Why, then, have the amendments, intended to reduce confusion, also introduced a level of complexity to the e-discovery process that has left a lot of people scratching their heads?

For example, corporate counsel in a defense posture is keyed in on everything from creating corporate data maps to handling multiple and complex litigation holds, as well as establishing repeatable and defensible guidelines for discovery. What happens the following week when the storage administrator retires a key server and implements his data consolidation strategy? How good is the data map then?
Records retention managers have also been significantly affected. For years, they have been seen as silent corporate operatives who had murky roles and dealt with boxes of old documents. Today, nothing could be further from the truth. They are on the front lines of protecting an organization from a data management policy perspective.

Another role that has seen significant evolution is that of the “storage administrator.” Corporate data storage administrators are IT personnel whose roles are largely characterized by their knowledge of an organization’s data growth and proliferation patterns – key factors that allow them to make recommendations as to how, when and if an organization’s data management hardware and associated software platforms need modification or change.

Another driver is the evolution of technology for e-discovery to serve both proactive and reactive use cases. The vast majority of matters today are addressed in a reactive fashion with a mind to quickly address pressing, active concerns that demand rapid retrieval of responsive ESI for early case assessments, meet and confer and other matter-specific requirements. However, the future is clear in that there is a need for consistent, repeatable and targeted e-discovery processes that can also be deployed across a company, creating an “e-discovery ready,” proactive environment.
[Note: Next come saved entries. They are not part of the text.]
-- ===== src/Security/Authz/Walk.antt =====
-- The inheritance walk of `effective_permissions` against reachability.
use rust_libraries.Prelude.{
  ℕ, zero, suc, ◌+◌, ◌≤◌, ◌<◌, String, true, false, ◌||◌, none, some, List, [], ◌∷◌, ◌≡◌, refl, sym,
  ◌∙◌, subst, inl, inr, ◌↔◌, arith, length, if◌then◌else◌, string_eq, Bool-cases, Option-cases,
  ==_refl, contains, set_extend, contains-set_extend,
}
use rust_libraries.Prelude.Map.{get}
use rust_libraries.Security.Authz.Permission.{Permission, text_instance}
use rust_libraries.Security.Authz.Roles.{
  Role, RoleRegistry, push_all, walk, parents_total, effective_permissions,
}

contains-push_all :
    (m : String) (xs stack : List String)
    → contains m (push_all xs stack) ≡ (contains m xs || contains m stack)
contains-push_all m [] stack = refl
contains-push_all m (x ∷ xs) stack = ground (arith, contains-push_all m xs (x ∷ stack))

length-push_all : (xs stack : List String) → length (push_all xs stack) ≡ length xs + length stack
length-push_all [] stack = omega arith
length-push_all (x ∷ xs) stack = omega (arith, length-push_all xs (x ∷ stack))

-- The parents of the roles that are still to be visited.
weight : List String → RoleRegistry → ℕ
weight visited [] = 0
weight visited ((k, r) ∷ reg) =
    (if contains k visited then 0 else length r.parents) + weight visited reg

weight-visit-le :
    (name : String) (visited : List String) (reg : RoleRegistry)
    → weight (name ∷ visited) reg ≤ weight visited reg
unfolding weight
weight-visit-le name visited [] = omega arith
weight-visit-le name visited ((k, r) ∷ reg) = ground (arith, weight-visit-le name visited reg)

weight-visit :
    (name : String) (visited : List String) (reg : RoleRegistry) (r : Role)
    → contains name visited ≡ false
    → get name reg ≡ some r
    → weight (name ∷ visited) reg + length r.parents ≤ weight visited reg
unfolding weight get
weight-visit name visited [] r n g = absurd (ground arith)
weight-visit name visited ((k, w) ∷ reg) r n g = ground (
  arith,
  string_eq.beq_iff k name,
  string_eq.beq_iff name k,
  weight-visit-le name visited reg,
  weight-visit name visited reg r n,
)

weight-parents_total : (reg : RoleRegistry) → weight [] reg ≡ parents_total reg
unfolding weight parents_total
weight-parents_total [] = refl
weight-parents_total ((k, r) ∷ reg) = omega (arith, weight-parents_total reg)

walk_total :
    (reg : RoleRegistry) (fuel : ℕ) (stack visited : List String) (perms : List Permission)
    → length stack + weight visited reg < fuel
    → (out : List Permission) × (walk reg fuel stack visited perms ≡ some out)
unfolding walk
walk_total reg zero stack visited perms h = absurd (omega arith)
walk_total reg (suc fuel) [] visited perms h = (perms, refl)
walk_total reg (suc fuel) (name ∷ stack) visited perms h =
    elim (Bool-cases (contains name visited)) [
      | inl seen ↦ rw seen (walk_total reg fuel stack visited perms (omega arith))
      | inr new ↦ elim (Option-cases (get name reg)) [
        | inl g ↦
            rw (new, g)
              (walk_total reg fuel stack (name ∷ visited) perms
                (omega (arith, weight-visit-le name visited reg)))
        | inr (r, g) ↦
            rw (new, g)
              (walk_total reg fuel (push_all r.parents stack) (name ∷ visited)
                (set_extend perms r.permissions)
                (omega
                  (arith, length-push_all r.parents stack, weight-visit name visited reg r new g)))
      ]
    ]

-- A role is reached if it is named, or is a parent of a reached role that is defined.
pub data Reach (reg : RoleRegistry) (names : List String) : String → Type 0 where
  named : {n : String} → contains n names ≡ true → Reach reg names n
  parent :
      {m : String} (n : String) (r : Role)
      → Reach reg names n
      → get n reg ≡ some r
      → contains m r.parents ≡ true
      → Reach reg names m

-- A reached role holds the permission.
pub record Granted (reg : RoleRegistry) (names : List String) (p : Permission) : Type 0 where
  pub by : String
  pub role : Role
  pub reached : Reach reg names by
  pub defined : get by reg ≡ some role
  pub holds : contains p role.permissions ≡ true

module _ (reg : RoleRegistry) (fuel : ℕ) (name : String) (stack visited : List String)
    (perms : List Permission) where
  walk-seen :
      contains name visited ≡ true
      → walk reg (suc fuel) (name ∷ stack) visited perms ≡ walk reg fuel stack visited perms
  unfolding walk
  walk-seen h = rw h refl

  walk-unknown :
      contains name visited ≡ false
      → get name reg ≡ none
      → walk reg (suc fuel) (name ∷ stack) visited perms
        ≡ walk reg fuel stack (name ∷ visited) perms
  unfolding walk
  walk-unknown h g = rw (h, g) refl

  walk-known :
      (r : Role)
      → contains name visited ≡ false
      → get name reg ≡ some r
      → walk reg (suc fuel) (name ∷ stack) visited perms
        ≡ walk reg fuel (push_all r.parents stack) (name ∷ visited) (set_extend perms r.permissions)
  unfolding walk
  walk-known r h g = rw (h, g) refl

walk_sound :
    (reg : RoleRegistry) (names : List String) (fuel : ℕ) (stack visited : List String)
    (perms out : List Permission)
    → ((n : String) → contains n stack ≡ true → Reach reg names n)
    → ((p : Permission) → contains p perms ≡ true → Granted reg names p)
    → walk reg fuel stack visited perms ≡ some out
    → (p : Permission) → contains p out ≡ true
    → Granted reg names p
unfolding walk
walk_sound reg names zero stack visited perms out s g e p c = absurd (ground arith)
walk_sound reg names (suc fuel) [] visited perms out s g e p c = g p (ground arith)
walk_sound reg names (suc fuel) (name ∷ stack) visited perms out s g e p c =
    let below : (n : String) → contains n stack ≡ true → Reach reg names n =
      λ n h. s n (ground (arith)) in
    elim (Bool-cases (contains name visited)) [
      | inl seen ↦
          walk_sound reg names fuel stack visited perms out below g
            (sym (walk-seen reg fuel name stack visited perms seen) ∙ e) p c
      | inr new ↦ elim (Option-cases (get name reg)) [
        | inl f ↦
            walk_sound reg names fuel stack (name ∷ visited) perms out below g
              (sym (walk-unknown reg fuel name stack visited perms new f) ∙ e) p c
        | inr (r, f) ↦
            let here : Reach reg names name = s name (ground (arith, ==_refl name)) in
            walk_sound reg names fuel (push_all r.parents stack) (name ∷ visited)
              (set_extend perms r.permissions) out
              (λ n h. elim (Bool-cases (contains n r.parents)) [
                | inl q ↦ parent name r here f q
                | inr q ↦ below n (ground (arith, contains-push_all n r.parents stack))
              ])
              (λ q h. elim (Bool-cases (contains q r.permissions)) [
                | inl k ↦ record { by = name; role = r; reached = here; defined = f; holds = k }
                | inr k ↦ g q (ground (arith, contains-set_extend q perms r.permissions))
              ])
              (sym (walk-known reg fuel name stack visited perms r new f) ∙ e) p c
      ]
    ]

-- What the walk has still to do: every named role, and every parent of a visited role, is visited
-- or on the stack, and the permissions of the visited roles are collected.
record Progress (reg : RoleRegistry) (names stack visited : List String) (perms : List Permission)
    : Type 0 where
  begun : (n : String) → contains n names ≡ true → (contains n visited || contains n stack) ≡ true
  pushed :
      (n m : String) (r : Role)
      → contains n visited ≡ true
      → get n reg ≡ some r
      → contains m r.parents ≡ true
      → (contains m visited || contains m stack) ≡ true
  collected :
      (n : String) (r : Role) (p : Permission)
      → contains n visited ≡ true
      → get n reg ≡ some r
      → contains p r.permissions ≡ true
      → contains p perms ≡ true

Progress-seen :
    (reg : RoleRegistry) (names stack visited : List String) (perms : List Permission)
    (name : String)
    → contains name visited ≡ true
    → Progress reg names (name ∷ stack) visited perms
    → Progress reg names stack visited perms
Progress-seen reg names stack visited perms name seen i = record {
  begun = λ n h. ground (arith, i.begun n h, string_eq.beq_iff name n);
  pushed = λ n m r v g h. ground (arith, i.pushed n m r v g h, string_eq.beq_iff name m);
  collected = i.collected;
}

Progress-unknown :
    (reg : RoleRegistry) (names stack visited : List String) (perms : List Permission)
    (name : String)
    → get name reg ≡ none
    → Progress reg names (name ∷ stack) visited perms
    → Progress reg names stack (name ∷ visited) perms
Progress-unknown reg names stack visited perms name none_there i = record {
  begun = λ n h. ground (arith, i.begun n h);
  pushed = λ n m r v g h. ground (arith, i.pushed n m r, string_eq.beq_iff name n);
  collected = λ n r p v g h. ground (arith, i.collected n r p, string_eq.beq_iff name n);
}

Progress-known :
    (reg : RoleRegistry) (names stack visited : List String) (perms : List Permission)
    (name : String) (role : Role)
    → get name reg ≡ some role
    → Progress reg names (name ∷ stack) visited perms
    → Progress reg names
        (push_all role.parents stack)
        (name ∷ visited)
        (set_extend perms role.permissions)
Progress-known reg names stack visited perms name role there i = record {
  begun = λ n h. ground (arith, i.begun n h, contains-push_all n role.parents stack);
  pushed = λ n m r v g h.
      ground
        (arith, i.pushed n m r, string_eq.beq_iff name n, contains-push_all m role.parents stack);
  collected = λ n r p v g h. ground (
    arith,
    i.collected n r p,
    string_eq.beq_iff name n,
    contains-set_extend p perms role.permissions,
  );
}

walk_complete :
    (reg : RoleRegistry) (names : List String) (fuel : ℕ) (stack visited : List String)
    (perms out : List Permission)
    → Progress reg names stack visited perms
    → walk reg fuel stack visited perms ≡ some out
    → (final : List String) × Progress reg names [] final out
unfolding walk
walk_complete reg names zero stack visited perms out i e = absurd (ground arith)
walk_complete reg names (suc fuel) [] visited perms out i e =
    (visited, subst (Progress reg names [] visited) (ground arith) i)
walk_complete reg names (suc fuel) (name ∷ stack) visited perms out i e =
    elim (Bool-cases (contains name visited)) [
      | inl seen ↦
          walk_complete reg names fuel stack visited perms out
            (Progress-seen reg names stack visited perms name seen i)
            (sym (walk-seen reg fuel name stack visited perms seen) ∙ e)
      | inr new ↦ elim (Option-cases (get name reg)) [
        | inl f ↦
            walk_complete reg names fuel stack (name ∷ visited) perms out
              (Progress-unknown reg names stack visited perms name f i)
              (sym (walk-unknown reg fuel name stack visited perms new f) ∙ e)
        | inr (r, f) ↦
            walk_complete reg names fuel (push_all r.parents stack) (name ∷ visited)
              (set_extend perms r.permissions) out
              (Progress-known reg names stack visited perms name r f i)
              (sym (walk-known reg fuel name stack visited perms r new f) ∙ e)
      ]
    ]

Reach-visited :
    (reg : RoleRegistry) (names final : List String) (out : List Permission)
    → Progress reg names [] final out
    → {n : String} → Reach reg names n
    → contains n final ≡ true
Reach-visited reg names final out i (named {n} h) = ground (arith, i.begun n h)
Reach-visited reg names final out i (parent {m} n r at g h) =
    ground (arith, i.pushed n m r (Reach-visited reg names final out i at) g h)

-- `effective_permissions` returns for every registry, cyclic inheritance and undefined names
-- included, and its result holds a permission exactly if a role that is reached from the names by
-- inheritance holds it.
pub effective_permissions_iff :
    (reg : RoleRegistry) (names : List String)
    → (out : List Permission) × (effective_permissions reg names ≡ some out)
      × ((p : Permission) → (contains p out ≡ true) ↔ Granted reg names p)
unfolding effective_permissions
effective_permissions_iff reg names =
    let stack = push_all names [] in
    let fuel = suc (length names + parents_total reg) in
    let (out, e) =
      walk_total reg fuel stack [] []
        (omega (arith, length-push_all names [], weight-parents_total reg)) in
    let (final, i) =
      walk_complete reg names fuel stack [] [] out
        (record {
          begun = λ n h. ground (arith, contains-push_all n names []);
          pushed = λ n m r v g h. absurd (ground arith);
          collected = λ n r p v g h. absurd (ground arith);
        })
        e in
    (
      out,
      e,
      λ p. (
        walk_sound reg names fuel stack [] [] out
            (λ n h. named (ground (arith, contains-push_all n names [])))
            (λ q h. absurd (ground arith)) e p,
        λ d.
            i.collected d.by d.role p (Reach-visited reg names final out i d.reached) d.defined
              d.holds,
      ),
    )
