-- ===== src/Security/Authz/Authorizer.antt =====
-- klauthed-security/src/authz/authorizer.rs: the stateless RBAC check.
use rust_libraries.Prelude.{
  String, Bool, true, false, List, [], ◌∷◌, ◌++◌, ◌≡◌, ◌↔◌, ◌⊎◌, arith, if◌then◌else◌, ◌==◌,
  string_eq, any, Result, ok, err,
}
use rust_libraries.Security.Error.{SecurityError, forbidden}
use rust_libraries.Security.Authz.Permission.{Text, Permission, colon, grants}

unfoldable pub is_authorized : List Permission → Permission → Bool
is_authorized granted required = any (λ g. grants g required) granted

abbrev pub require : Bool → Result SecurityError (Unit {0})
require true = ok tt
require false = err forbidden

unfoldable pub authorize : List Permission → Permission → Result SecurityError (Unit {0})
unfolding is_authorized
authorize granted required = require (is_authorized granted required)

abbrev own_suffix : Text
own_suffix = colon ∷ b'o' ∷ b'w' ∷ b'n' ∷ []

-- `format!("{}:own", required)`.
abbrev pub own : Permission → Permission
own required = required ++ own_suffix

unfoldable pub is_authorized_for_resource : List Permission → Permission → String → String → Bool
unfolding is_authorized
is_authorized_for_resource granted required principal owner =
    if is_authorized granted required
    then true
    else if principal == owner
    then is_authorized granted (own required)
    else false

unfoldable pub authorize_for_resource :
    List Permission → Permission → String → String → Result SecurityError (Unit {0})
unfolding is_authorized_for_resource
authorize_for_resource granted required principal owner =
    require (is_authorized_for_resource granted required principal owner)

-- Some element has the property.
abbrev pub Exists {ℓ} : {A : Type ℓ} → (A → Type 0) → List A → Type 0
Exists P [] = ⊥
Exists P (x ∷ xs) = P x ⊎ Exists P xs

is_authorized_iff :
    (granted : List Permission) (required : Permission)
    → (is_authorized granted required ≡ true) ↔ Exists (λ g. grants g required ≡ true) granted
unfolding is_authorized
is_authorized_iff [] required = (λ h. ground arith, λ h. absurd h)
is_authorized_iff (g ∷ granted) required = (
  λ h. ground (arith, is_authorized_iff granted required),
  λ h. ground (arith, is_authorized_iff granted required),
)

-- A principal may act on a resource exactly if some grant covers the permission, or the principal
-- owns the resource and some grant covers the permission's `:own` form; otherwise the answer is
-- `Forbidden`.
pub authorize_for_resource_iff :
    (granted : List Permission) (required : Permission) (principal owner : String)
    → ((authorize_for_resource granted required principal owner ≡ ok tt) ↔ (
        Exists (λ g. grants g required ≡ true) granted
        ⊎ ((principal ≡ owner) × Exists (λ g. grants g (own required) ≡ true) granted)))
      × ((authorize_for_resource granted required principal owner ≡ ok tt)
          ⊎ (authorize_for_resource granted required principal owner ≡ err forbidden))
unfolding authorize_for_resource
authorize_for_resource_iff granted required principal owner = (
  (
    λ h. ground (
      arith,
      is_authorized_iff granted required,
      is_authorized_iff granted (own required),
      string_eq.beq_iff principal owner,
    ),
    λ h. ground (
      arith,
      is_authorized_iff granted required,
      is_authorized_iff granted (own required),
      string_eq.beq_iff principal owner,
    ),
  ),
  ground arith,
)
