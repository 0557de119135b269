-- ===== src/Security/Authz/Policy.antt =====
-- klauthed-security/src/authz/policy.rs: attribute-based access control.
use rust_libraries.Prelude.{
  String, Bool, true, false, not, ◌&&◌, ◌||◌, Option, none, some, List, [], ◌∷◌, ◌++◌, ◌==◌, eqb,
  string_eq, contains, if◌then◌else◌, Result, ok, err, is_some,
}
use rust_libraries.Prelude.Int.{ℤ, pos, negsuc}
use rust_libraries.Prelude.Map.{Map, get, insert}
use rust_libraries.Security.Error.{SecurityError, forbidden}

pub data AttrValue : Type 0 where
  str : String → AttrValue
  int : ℤ → AttrValue
  bool : Bool → AttrValue
  list : List String → AttrValue

int_eq : ℤ → ℤ → Bool
int_eq (pos a) (pos b) = eqb a b
int_eq (negsuc a) (negsuc b) = eqb a b
int_eq _ _ = false

bool_eq : Bool → Bool → Bool
bool_eq true b = b
bool_eq false b = not b

list_eq : List String → List String → Bool
list_eq [] [] = true
list_eq (a ∷ s) (b ∷ t) = a == b && list_eq s t
list_eq _ _ = false

-- The derived `PartialEq`.
unfoldable pub attr_eq : AttrValue → AttrValue → Bool
unfolding int_eq bool_eq list_eq
attr_eq (str a) (str b) = a == b
attr_eq (int a) (int b) = int_eq a b
attr_eq (bool a) (bool b) = bool_eq a b
attr_eq (list a) (list b) = list_eq a b
attr_eq _ _ = false

abbrev pub Attributes : Type 0
Attributes = Map String AttrValue

unfoldable pub with_attribute : Attributes → String → AttrValue → Attributes
with_attribute attrs key value = insert key value attrs

mutual
  pub data Condition : Type 0 where
    always : Condition
    equals : String → AttrValue → Condition
    is_in : String → List String → Condition
    contains_item : String → String → Condition
    present : String → Condition
    all_of : Conditions → Condition
    any_of : Conditions → Condition
    negate : Condition → Condition

  pub data Conditions : Type 0 where
    nil : Conditions
    cons : Condition → Conditions → Conditions

abbrev equals_value : AttrValue → Option AttrValue → Bool
equals_value value none = false
equals_value value (some v) = attr_eq v value

abbrev str_in : List String → Option AttrValue → Bool
str_in values (some (str s)) = contains s values
str_in values _ = false

abbrev list_has : String → Option AttrValue → Bool
list_has item (some (list l)) = contains item l
list_has item _ = false

unfoldable mutual
  pub evaluate : Condition → Attributes → Bool
  evaluate always attrs = true
  evaluate (equals key value) attrs = equals_value value (get key attrs)
  evaluate (is_in key values) attrs = str_in values (get key attrs)
  evaluate (contains_item key item) attrs = list_has item (get key attrs)
  evaluate (present key) attrs = is_some (get key attrs)
  evaluate (all_of cs) attrs = evaluate_all cs attrs
  evaluate (any_of cs) attrs = evaluate_any cs attrs
  evaluate (negate c) attrs = not (evaluate c attrs)

  pub evaluate_all : Conditions → Attributes → Bool
  evaluate_all nil attrs = true
  evaluate_all (cons c cs) attrs = evaluate c attrs && evaluate_all cs attrs

  pub evaluate_any : Conditions → Attributes → Bool
  evaluate_any nil attrs = false
  evaluate_any (cons c cs) attrs = evaluate c attrs || evaluate_any cs attrs

pub data Effect : Type 0 where
  allow deny : Effect

pub record Policy : Type 0 where
  pub effect : Effect
  pub condition : Condition

pub data Decision : Type 0 where
  permit : Decision
  deny : Decision

unfoldable pub is_permit : Decision → Bool
is_permit Decision.permit = true
is_permit Decision.deny = false

abbrev pub PolicySet : Type 0
PolicySet = List Policy

unfoldable pub with_policy : PolicySet → Policy → PolicySet
with_policy ps p = ps ++ p ∷ []

-- The effect of a policy that matches, on the rest of the loop.
abbrev combine : Effect → Decision → Decision
combine Effect.deny rest = Decision.deny
combine Effect.allow rest = rest

-- The loop with its flag; a matching `Deny` returns at once.
unfoldable pub decide_from : Bool → PolicySet → Attributes → Decision
decide_from permitted [] attrs = if permitted then Decision.permit else Decision.deny
decide_from permitted (p ∷ ps) attrs =
    let skipped = decide_from permitted ps attrs in
    let allowed = decide_from true ps attrs in
    if evaluate p.condition attrs then combine p.effect allowed else skipped

unfoldable pub decide_policies : PolicySet → Attributes → Decision
unfolding decide_from
decide_policies ps attrs = decide_from false ps attrs

abbrev to_result : Decision → Result SecurityError (Unit {0})
to_result Decision.permit = ok tt
to_result Decision.deny = err forbidden

unfoldable pub authorize_policies : PolicySet → Attributes → Result SecurityError (Unit {0})
unfolding decide_policies
authorize_policies ps attrs = to_result (decide_policies ps attrs)
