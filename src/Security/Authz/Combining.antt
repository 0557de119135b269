-- ===== src/Security/Authz/Combining.antt =====
-- How policies combine: deny overrides, and the default is deny.
use rust_libraries.Prelude.{Bool, true, false, [], ◌∷◌, ◌≡◌, refl, ◌↔◌, ◌⊎◌, arith, ok, err}
use rust_libraries.Security.Authz.Authorizer.{Exists}
use rust_libraries.Security.Error.{forbidden}
use rust_libraries.Security.Authz.Policy.{
  Attributes, Conditions, nil, cons, all_of, any_of, negate, evaluate, evaluate_all, evaluate_any,
  Effect, Policy, Decision, PolicySet, decide_from, authorize_policies,
}

-- A policy with this effect matches the request.
abbrev pub Matches : Effect → Attributes → Policy → Type 0
Matches effect attrs p = (p.effect ≡ effect) × (evaluate p.condition attrs ≡ true)

decide_from_iff :
    (permitted : Bool) (ps : PolicySet) (attrs : Attributes)
    → (decide_from permitted ps attrs ≡ Decision.permit) ↔ (
        ((permitted ≡ true) ⊎ Exists (Matches Effect.allow attrs) ps)
        × ¬ (Exists (Matches Effect.deny attrs) ps))
unfolding decide_from
decide_from_iff permitted [] attrs = (λ h. ground arith, λ h. ground arith)
decide_from_iff permitted (p ∷ ps) attrs = (
  λ h. ground (arith, decide_from_iff permitted ps attrs, decide_from_iff true ps attrs),
  λ h. ground (arith, decide_from_iff permitted ps attrs, decide_from_iff true ps attrs),
)

-- A request is permitted exactly if some `Allow` policy matches it and no `Deny` policy does; every
-- other request is `Forbidden`.
pub authorize_policies_iff :
    (ps : PolicySet) (attrs : Attributes)
    → ((authorize_policies ps attrs ≡ ok tt)
        ↔ (Exists (Matches Effect.allow attrs) ps × ¬ (Exists (Matches Effect.deny attrs) ps)))
      × ((authorize_policies ps attrs ≡ ok tt) ⊎ (authorize_policies ps attrs ≡ err forbidden))
unfolding authorize_policies
authorize_policies_iff ps attrs = (
  (
    λ h. ground (arith, decide_from_iff false ps attrs),
    λ h. ground (arith, decide_from_iff false ps attrs),
  ),
  ground arith,
)

abbrev pub negate_all : Conditions → Conditions
negate_all nil = nil
negate_all (cons c cs) = cons (negate c) (negate_all cs)

-- De Morgan's laws: the negation of `All` is `Any` of the negations, and the negation of `Any` is
-- `All` of them.
pub negate_all_of :
    (cs : Conditions) (attrs : Attributes)
    → (evaluate (negate (all_of cs)) attrs ≡ evaluate (any_of (negate_all cs)) attrs)
      × (evaluate (negate (any_of cs)) attrs ≡ evaluate (all_of (negate_all cs)) attrs)
unfolding evaluate evaluate_all evaluate_any
negate_all_of nil attrs = (refl, refl)
negate_all_of (cons c cs) attrs =
    (ground (arith, negate_all_of cs attrs), ground (arith, negate_all_of cs attrs))
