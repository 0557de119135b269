-- ===== src/Security/Compare.antt =====
-- klauthed-security/src/compare/equal.rs: byte strings compared in constant time.
use rust_libraries.Prelude.{
  ℕ, List, Bool, true, false, ◌≡◌, ◌↔◌, arith, length, eqb, if◌then◌else◌, ap,
}

-- What the code uses of the `subtle` crate: `ct_eq` on byte slices of one length.
pub record SubtleApi : Type 0 where
  pub ct_eq : List ℕ → List ℕ → Bool
  pub ct_eq_iff : (a b : List ℕ) → length a ≡ length b → (ct_eq a b ≡ true) ↔ (a ≡ b)

module _ ⦃subtle : SubtleApi⦄ where
  unfoldable pub constant_time_eq : List ℕ → List ℕ → Bool
  constant_time_eq a b = if eqb (length a) (length b) then subtle.ct_eq a b else false

  -- The constant-time comparison decides equality of byte strings, of any lengths.
  pub constant_time_eq_iff : (a b : List ℕ) → (constant_time_eq a b ≡ true) ↔ (a ≡ b)
  unfolding constant_time_eq
  constant_time_eq_iff a b = (
    λ h. ground (arith, subtle.ct_eq_iff a b),
    λ h. ground (arith, subtle.ct_eq_iff a b, ap length h),
  )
Therefore, the answer may lie in the fact that while the amendments impose obligations on the parties, they don’t specifically state how one should go about fulfilling them. When it comes to corporations today, the old silo-based information management paradigms will not work when it comes to information discovery of any kind, for any reason. The bottom line is: litigation, storage management/data consolidation, records retention, regulatory responses, internal investigations, information security initiatives, personnel policy management, business intelligence, data mining, compliance and monitoring are all effectively subsets of what we call “e-discovery.” This new paradigm of e-discovery subsumes many previously compartmentalized departmental initiatives that are under the auspices of legal, IT, records management, HR and finance. It is predicated on the degree to which an organization has information access and the ability to perform effective data classification. In short, companies should be able to leverage enterprise data for multiple business needs from a common underlying information access and classification platform.